2. Evolutionary Considerations

The existence of beings with consciousness is explained by an increase in their survival capabilities and, consequently, in passing on their genes to new generations, perpetuating the species. Consciousness requires an immense amount of energy for organisms, as if it were not necessary for ensuring survival, it would be more of a nuisance than an advantage. Humans use over 20 percent of our energy in conscious processes. The proportion is similar in other animals. In organisms that do not require constant decision-making due to their way of life — such as plants or fungi that, for example, do not move — this energy expenditure has no reason to exist.

3. Physiology

The mere possession of a nervous system is not a sufficient condition for sentience if the nervous system is not centralized. Today, we know that a centralized nervous system is necessary for sentience. Moreover, nervous systems in different species vary widely in complexity and degrees of centralization. So, what other physiological criteria help us in this analysis? The existence of chemicals that function as analgesics in certain animals is only explained if those animals experience pain. A large number of invertebrates with simple centralized nervous systems also secrete these substances. Another criterion that reinforces the idea of sentience is nociception: the detection of harmful or potentially harmful sensory stimuli. There are organisms that possess nociceptors that transmit this information. But, in order to determine that possessing nociceptors is related to the perception of pain, science would need to define the brain’s structural conditions for decoding nociception information as pain, something which we are still unaware of.
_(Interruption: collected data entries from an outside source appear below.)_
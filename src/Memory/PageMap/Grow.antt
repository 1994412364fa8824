-- ===== src/Memory/PageMap/Grow.antt =====
-- The tables that memory/paging_map.c adds on its way down leave every mapping as it was.
use Prim.Native.Nat.{bit_and, bit_or}
use helos.Prelude.{
  true≢false, none≢some, ℕ, suc, ◌+◌, ◌*◌, ◌≤◌, ◌<◌, ◌≡◌, ◌⊎◌, refl, ap, sym, ◌∙◌, inl, inr, true,
  false, ◌&&◌, Option, none, some, List, [], ◌∷◌, ◌==◌, if◌then◌else◌, arith, length, Bool-cases,
  ==_iff,
}
use helos.Memory.Physical.{page_size}
use helos.Memory.Physical.Bitmap.{used}
use helos.Memory.Physical.Count.{unused}
use helos.Memory.PageMap.{
  Paging, has, take_one_frame, write, provide, pml_addr_mask, pml_present, pml_writeable,
  pml_execute_disable,
}
use helos.Memory.PageMap.Entry.{
  IsFrame, pointer-lem, pointer-writeable, pointer-execute_disable, pointer-present,
  pointer-page_size, pointer-address, zero-present,
}
use helos.Memory.PageMap.Take.{Taken, take_one_frame-Taken}
use helos.Memory.PageMap.Walk.{leaf, walk, IsTree}

abbrev pub Role : Type 0
Role = ℕ → Option (List ℕ)

-- What `provide` makes of the entry `i` of the table `t`, which stands at `p`.
pub record Provided (s : Paging) (role : Role) (t : ℕ) (p : List ℕ) (i : ℕ) (s' : Paging)
    (role' : Role) : Type 0 where
  pub tree : IsTree s' role'
  pub keeps : (u : ℕ) (q : List ℕ) → role u ≡ some q → role' u ≡ some q
  pub there : has (s'.tables t i) pml_present ≡ true
  pub inner : leaf (length p) (s'.tables t i) ≡ false
  pub same_entry :
      (u : ℕ) (q : List ℕ) (j : ℕ)
      → role u ≡ some q
      → has (s.tables u j) pml_present ≡ true
      → s'.tables u j ≡ s.tables u j
  pub same_walk :
      (u : ℕ) (q is : List ℕ)
      → role u ≡ some q
      → walk s'.tables (length q) u is ≡ walk s.tables (length q) u is
  pub same_root : s'.pml4 ≡ s.pml4
  pub same_disable : s'.execute_disable ≡ s.execute_disable
  pub fewer : unused s.frames ≤ unused s'.frames + 1
  pub still_used : (f : ℕ) → used s.frames.bitmap f ≡ true → used s'.frames.bitmap f ≡ true

-- The case of an entry that is not present.
module _ (s s1 : Paging) (role : Role) (tree : IsTree s role) (t : ℕ) (p : List ℕ) (i a : ℕ)
    (at : role t ≡ some p) (short : length p < 3) (absent : has (s.tables t i) pml_present ≡ false)
    (taken : Taken s a s1) where
  abbrev grown : Paging
  grown = write t i (bit_or (bit_or a pml_present) pml_writeable) s1

  abbrev role' : Role
  role' u = if u == a then some (i ∷ p) else role u

  frame : IsFrame a
  frame = let f = taken.found in (omega (arith, f.at), omega (arith, f.at, f.below, tree.fits))

  unclaimed : role a ≡ none
  unclaimed = let f = taken.found in ap role f.at ∙ tree.in_use f.page f.was_free

  other : (u : ℕ) (q : List ℕ) → role u ≡ some q → (u == a) ≡ false
  other u q e = elim (Bool-cases (u == a)) [
    | inl same ↦ absurd (none≢some (sym unclaimed ∙ ap role (sym ((==_iff u a).0 same)) ∙ e))
    | inr different ↦ different
  ]

  entry :
      (u : ℕ) (q : List ℕ) (j : ℕ)
      → role u ≡ some q
      → grown.tables u j ≡ (if u == t && j == i then a + 3 else s.tables u j)
  unfolding write
  entry u q j e =
      ground (arith, other u q e, tree.aligned u q e, frame, taken.cleared u j, pointer-lem a frame)

  new_entry : (j : ℕ) → grown.tables a j ≡ 0
  unfolding write
  new_entry j = ground (arith, other t p at, taken.cleared a j)

  kept : (u : ℕ) (q : List ℕ) → role u ≡ some q → role' u ≡ some q
  kept u q e = rw (other u q e) e

  -- The one entry that changes, or another.
  hit-or-miss :
      (u : ℕ) (q : List ℕ) (j : ℕ)
      → role u ≡ some q
      → ((u ≡ t) × (j ≡ i) × (q ≡ p) × (grown.tables u j ≡ a + 3))
        ⊎ (grown.tables u j ≡ s.tables u j)
  hit-or-miss u q j e = elim (Bool-cases (u == t && j == i)) [
    | inl hit ↦
        let same : (u ≡ t) × (j ≡ i) = ground arith in
        let place : some q ≡ some p = sym e ∙ ap role same.0 ∙ at in
        inl (same.0, same.1, cc, rw hit at (entry u q j e))
    | inr miss ↦ inr (rw miss at (entry u q j e))
  ]

  pointer-leaf : leaf (length p) (a + 3) ≡ false
  unfolding leaf
  pointer-leaf = ground (arith, pointer-page_size a frame)

  grown-points :
      (u : ℕ) (q : List ℕ) (j : ℕ)
      → role' u ≡ some q
      → has (grown.tables u j) pml_present ≡ true
      → leaf (length q) (grown.tables u j) ≡ false
      → role' (bit_and (grown.tables u j) pml_addr_mask) ≡ some (j ∷ q)
  grown-points u q j e there inner = elim (Bool-cases (u == a)) [
    | inl new ↦
        let zeroed : grown.tables u j ≡ 0 =
          ap (λ x. grown.tables x j) ((==_iff u a).0 new) ∙ new_entry j in
        absurd (true≢false (sym there ∙ ap (λ x. has x pml_present) zeroed ∙ zero-present))
    | inr old ↦
        let e' : role u ≡ some q = rw old at e in
        elim (hit-or-miss u q j e') [
          | inl (_, same, place, pointer) ↦
              rw (pointer, pointer-address a frame, (==_iff a a).1 refl) (cc)
          | inr miss ↦
              rw miss (kept _ _ (tree.points u q j e' (rw miss at there) (rw miss at inner)))
        ]
  ]

  grown-opens :
      (u : ℕ) (q : List ℕ) (j : ℕ)
      → role' u ≡ some q
      → has (grown.tables u j) pml_present ≡ true
      → leaf (length q) (grown.tables u j) ≡ false
      → (has (grown.tables u j) pml_writeable ≡ true)
        × (has (grown.tables u j) pml_execute_disable ≡ false)
  grown-opens u q j e there inner = elim (Bool-cases (u == a)) [
    | inl new ↦
        let zeroed : grown.tables u j ≡ 0 =
          ap (λ x. grown.tables x j) ((==_iff u a).0 new) ∙ new_entry j in
        absurd (true≢false (sym there ∙ ap (λ x. has x pml_present) zeroed ∙ zero-present))
    | inr old ↦
        let e' : role u ≡ some q = rw old at e in
        elim (hit-or-miss u q j e') [
          | inl (_, _, _, pointer) ↦
              rw pointer (pointer-writeable a frame, pointer-execute_disable a frame)
          | inr miss ↦ rw miss (tree.opens u q j e' (rw miss at there) (rw miss at inner))
        ]
  ]

  grown-IsTree : IsTree grown role'
  unfolding write
  grown-IsTree =
      let f = taken.found in
      record {
        root = rw taken.same_root (kept s.pml4 [] tree.root);
        aligned = λ u q e. elim (Bool-cases (u == a)) [
          | inl new ↦ omega (arith, (==_iff u a).0 new, frame)
          | inr old ↦ tree.aligned u q (rw old at e)
        ];
        points = grown-points;
        opens = grown-opens;
        in_use = λ page free.
            let apart : ((page * page_size == a) ≡ false) × (used s.frames.bitmap page ≡ false) =
              ground (arith, f.taken page, f.at, free) in
            rw apart.0 (tree.in_use page apart.1);
        covers = omega (arith, tree.covers, f.same_end, f.same_length);
        fits = omega (arith, tree.fits, f.same_end);
      }

  -- The new table maps nothing.
  new-walk : (depth : ℕ) (is : List ℕ) → walk grown.tables depth a is ≡ none
  unfolding walk
  new-walk depth [] = refl
  new-walk depth (j ∷ is) = rw (new_entry j, zero-present) refl

  grown-walk :
      (u : ℕ) (q is : List ℕ)
      → role u ≡ some q
      → walk grown.tables (length q) u is ≡ walk s.tables (length q) u is
  unfolding walk
  grown-walk u q [] e = refl
  grown-walk u q (j ∷ is) e = elim (hit-or-miss u q j e) [
    | inl (here, same, place, pointer) ↦
        rw
          (
            pointer,
            pointer-present a frame,
            place,
            pointer-leaf,
            pointer-address a frame,
            here,
            same,
            absent,
          )
          (new-walk (suc (length p)) is)
    | inr miss ↦ rw miss (elim (Bool-cases (has (s.tables u j) pml_present)) [
      | inr out ↦ rw out refl
      | inl there ↦ elim (Bool-cases (leaf (length q) (s.tables u j))) [
        | inl page ↦ rw (there, page) refl
        | inr inner ↦
            rw (there, inner)
              (grown-walk (bit_and (s.tables u j) pml_addr_mask) (j ∷ q) is
                (tree.points u q j e there inner))
      ]
    ])
  ]

  there-entry : grown.tables t i ≡ a + 3
  there-entry = entry t p i at ∙ ground arith

  grown-Provided : Provided s role t p i grown role'
  unfolding write
  grown-Provided = record {
    tree = grown-IsTree;
    keeps = kept;
    there = rw there-entry (pointer-present a frame);
    inner = rw there-entry pointer-leaf;
    same_entry = λ u q j e there. elim (hit-or-miss u q j e) [
      | inl (here, same, _, _) ↦ absurd (
          true≢false (
            sym there
            ∙ ap (λ x. has (s.tables x j) pml_present) here
            ∙ ap (λ x. has (s.tables t x) pml_present) same
            ∙ absent))
      | inr miss ↦ miss
    ];
    same_walk = grown-walk;
    same_root = taken.same_root;
    same_disable = taken.same_disable;
    fewer = taken.fewer;
    still_used = λ f h. ground (arith, taken.found.taken f, h);
  }

-- The tables that an entry needs are there afterwards, and every mapping is as before, if a frame is
-- left and the entry does not stand for a large page.
pub provide-Provided :
    (s : Paging) (role : Role) (t : ℕ) (p : List ℕ) (i : ℕ)
    → IsTree s role
    → role t ≡ some p
    → length p < 3
    → (has (s.tables t i) pml_present ≡ true → leaf (length p) (s.tables t i) ≡ false)
    → 1 ≤ unused s.frames
    → (role' : Role) × Provided s role t p i (provide t i s) role'
unfolding provide
provide-Provided s role t p i tree at short small some_left =
    elim (Bool-cases (has (s.tables t i) pml_present)) [
      | inl there ↦ rw there (
        role,
        record {
          tree = tree;
          keeps = λ u q e. e;
          there = there;
          inner = small there;
          same_entry = λ u q j e h. refl;
          same_walk = λ u q is e. refl;
          same_root = refl;
          same_disable = refl;
          fewer = omega arith;
          still_used = λ f h. h;
        },
      )
      | inr absent ↦
          let s1 = (take_one_frame s).1 in
          let a = (take_one_frame s).0 in
          let taken = take_one_frame-Taken s tree.covers some_left in
          rw absent (
            role' s s1 role tree t p i a at short absent taken,
            grown-Provided s s1 role tree t p i a at short absent taken,
          )
    ]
However, these substances in animals serve no other function, making us suspect, even without scientific endorsement to date, that they are there to protect these organisms from harmful experiences.

Conclusion

Ast this time, there are no scientific mechanisms that precisely determine what consciousness is, how it occurs, and how it functions. However, there is a certain consensus about the ability of non-human animals to feel. This is not a minor issue because depending on the consideration we have as a society for animals, acceptable attitudes towards them would change. The legislation in many countries still considers animals as things. Our laws are a faithful reflection of certain social consensuses, responding to specific interests, and written at specific moments in history. With the scientific evidence available and with an attitude of greater humility, empathy, and love towards the living beings around us, isn’t it time to accept that animals feel, and that we should respect and ensure dignified lives for them? While we are still far from this goal, and there are billions of animals confined in cruel factory farms, the fact that these debates are being reignited in countries like Mexico and Argentina is a positive sign.